Mass. reports 4,608 new breakthrough cases this week

There were another 30 deaths among vaccinated individuals.

Samuel Zizi, of Mattapan, gets his first shot. (Photo by Pat Greenhouse/Globe Staff)

With widespread community transmission, breakthrough cases of COVID-19 continue to show up, as experts have predicted, but they’re much less likely to lead to hospitalization and death. So far only about 1.2% of vaccinated people have tested positive for COVID-19.

The state released updated data Tuesday on the number of COVID-19 cases, hospitalizations, and deaths among vaccinated individuals in Massachusetts. There have been a total of 58,807 breakthrough cases of COVID-19 as of Nov. 6, an increase of 4,608 from Oct. 30. Between Oct. 23 and 30, 3,192 breakthrough cases were reported, so about 1,400 more breakthrough cases were reported this week, a massive jump from last week, but case counts also increased.

There were 4,753,520 people vaccinated as of Nov. 6, meaning 1.2% have reported a breakthrough case of COVID-19. The rate has been steadily increasing — it was 0.23% on Aug. 7. 


“When we think about infections after vaccination, they’re relatively uncommon,” Dr.
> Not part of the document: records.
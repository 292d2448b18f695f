-- ===== src/Repo/Objects.antt =====
-- internal/storage/sqlstore/objects_repo.go, and `LatestVersion` of versioning.go. The SHA-256 sum
-- in hexadecimal is the parameter `etag_of`.
pub mod Stored
use contrato_core.Base.{
  ℕ, suc, ◌+◌, ◌≤◌, ◌<◌, ◌≡◌, ◌≢◌, refl, String, Bool, true, false, Option, none, some, List, [],
  ◌∷◌, ◌++◌, ◌&&◌, ◌||◌, not, any, select, take, arith, ltb, leb, ℤ, pos, negsuc, if◌then◌else◌, Eq,
  ◌==◌, nat_eq, string_eq, int_eq, pair_eq, find, length, map,
}
use contrato_core.Table.History.{latest, without}
use contrato_core.Storage.{message, not_found, conflict, Object, ObjectPutOptions, ok}
use contrato_core.Storage.Server.{Db, World, Server, ObjectRow, has_tenant}
use contrato_core.Repo.Versioned.{Versioned, max_version, check_expected, insert_row}
use contrato_core.Repo.Contracts.{nullable_string, or_empty}
use contrato_core.Storage.Exec.{
  Exec, pure, fail, gets, statement, query_row, reject_if, ◌>>=◌, ◌>>◌,
}

abbrev pub object_key : ObjectRow → String × String
object_key r = (r.tenant_id, r.node_id)

abbrev pub object_version : ObjectRow → ℕ
object_version r = r.version

abbrev has_content : Option String → Option String → Bool
has_content none none = false
has_content _ _ = true

-- `objects`: the primary key is the id alone, and `chk_objects_content` wants bytes or a URL.
abbrev pub objects : Versioned ObjectRow (String × String)
objects = record {
  key = object_key;
  version = object_version;
  rows = λ d. d.objects;
  put = λ rs d. record d { objects = rs };
  admits = λ d r.
      has_tenant d r.tenant_id
      && (has_content r.bytes r.exturl && not (any (λ s. s.id == r.id) d.objects));
}

abbrev pub or_zero : Option ℕ → ℕ
or_zero none = 0
or_zero (some t) = t

unfoldable pub scan_object : ObjectRow → Object
scan_object r = record {
  tenant_id = r.tenant_id;
  id = r.id;
  node_id = r.node_id;
  bytes = or_empty r.bytes;
  ext_url = or_empty r.exturl;
  etag = r.etag;
  version = r.version;
  expires_at = or_zero r.expires_at;
  created_at = r.created_at;
  updated_at = r.updated_at;
}

-- `!out.ExpiresAt.IsZero() && time.Now().After(out.ExpiresAt)`
abbrev pub is_expired : ℕ → Object → Bool
is_expired now o = not (o.expires_at == 0) && ltb o.expires_at now

unfoldable pub get_by_node_id : String → String → Exec Object
unfolding scan_object
get_by_node_id tenant_id node_id = do
  r ← query_row λ w. latest object_key object_version (tenant_id, node_id) w.db.objects
  now ← gets λ w. w.server.clock w.ran
  if is_expired now (scan_object r) then fail not_found else pure (scan_object r)

-- `sql.NullTime{Time: time.Now().Add(opts.TTL)}` if the TTL is positive.
abbrev pub expiry : ℕ → ℤ → Option ℕ
expiry now (pos n) = if ltb 0 n then some (now + n) else none
expiry now (negsuc n) = none

-- The bytes are hashed, or the URL where there are none.
abbrev pub payload : Object → String
payload o = if o.bytes == "" then o.ext_url else o.bytes

module _ (etag_of : String → String) where
  pub next_object : Object → Option ℕ → World → ObjectRow
  next_object o expires_at w = record {
    tenant_id = o.tenant_id;
    id = w.server.uuid w.ran;
    node_id = o.node_id;
    bytes = nullable_string o.bytes;
    exturl = nullable_string o.ext_url;
    etag = etag_of (payload o);
    version = max_version objects (o.tenant_id, o.node_id) w + 1;
    expires_at = expires_at;
    created_at = w.server.now w.ran;
    updated_at = w.server.now w.ran;
  }

  unfoldable pub append_object : Object → ObjectPutOptions → Exec ObjectRow
  unfolding next_object nullable_string
  append_object o opts = do
    reject_if (o.tenant_id == "" || o.node_id == "") (message "tenant_id and node_id are required")
    reject_if (o.bytes == "" && o.ext_url == "") (message "either bytes or exturl must be provided")
    check_expected objects opts.expected_version (o.tenant_id, o.node_id)
    reject_if (not (opts.if_match_etag == "") && not (opts.if_match_etag == etag_of (payload o)))
        conflict
    now ← gets λ w. w.server.clock w.ran
    insert_row objects (next_object o (expiry now opts.ttl))

  unfoldable pub put_object : Object → ObjectPutOptions → Exec Object
  unfolding append_object scan_object
  put_object o opts = do r ← append_object o opts; pure (scan_object r)

unfoldable pub delete_by_node_id : String → String → Exec (Unit {0})
delete_by_node_id tenant_id node_id = statement λ w. ok (
  tt,
  record w.db { objects = without object_key object_version (tenant_id, node_id) w.db.objects },
)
Sabrina Assoumou, an infectious disease physician at Boston Medical Center, told in October. “The numbers have been creeping up in Massachusetts but it’s close to 1% so we have to look at the big picture here and how common these are, and vaccination is a way to get us out of this mess.”

Though this reflects the overall trend of how many vaccinated people are reporting cases, it’s easier to understand on a week-by-week level. So, for example, how many of the new cases reported this week were breakthrough cases.

Between Oct. 31 and Nov. 6, 9,660 people tested positive for COVID-19, almost 1,900 more than the previous week, breaking a downward trend. The same week, 4,608 breakthrough cases were reported, meaning 47.7% of COVID-19 cases in that period were breakthrough infections, a significant jump from the previous week’s rate of 41%.

Assoumou referenced data published by the Centers for Disease Control and Prevention which shows that vaccinated people are six times less likely to test positive for COVID-19, and 11 times less likely to die from it, compared to those who are unvaccinated.


“These vaccines work remarkably well for protecting against hospitalization and death, but they’re not 100% effective,” she said “When we have high levels of community transmission of the virus it’s more likely we’ll get infections after vaccination. So, if we want to see less of these breakthrough cases, what we need to do is continue to vaccinate the unvaccinated.”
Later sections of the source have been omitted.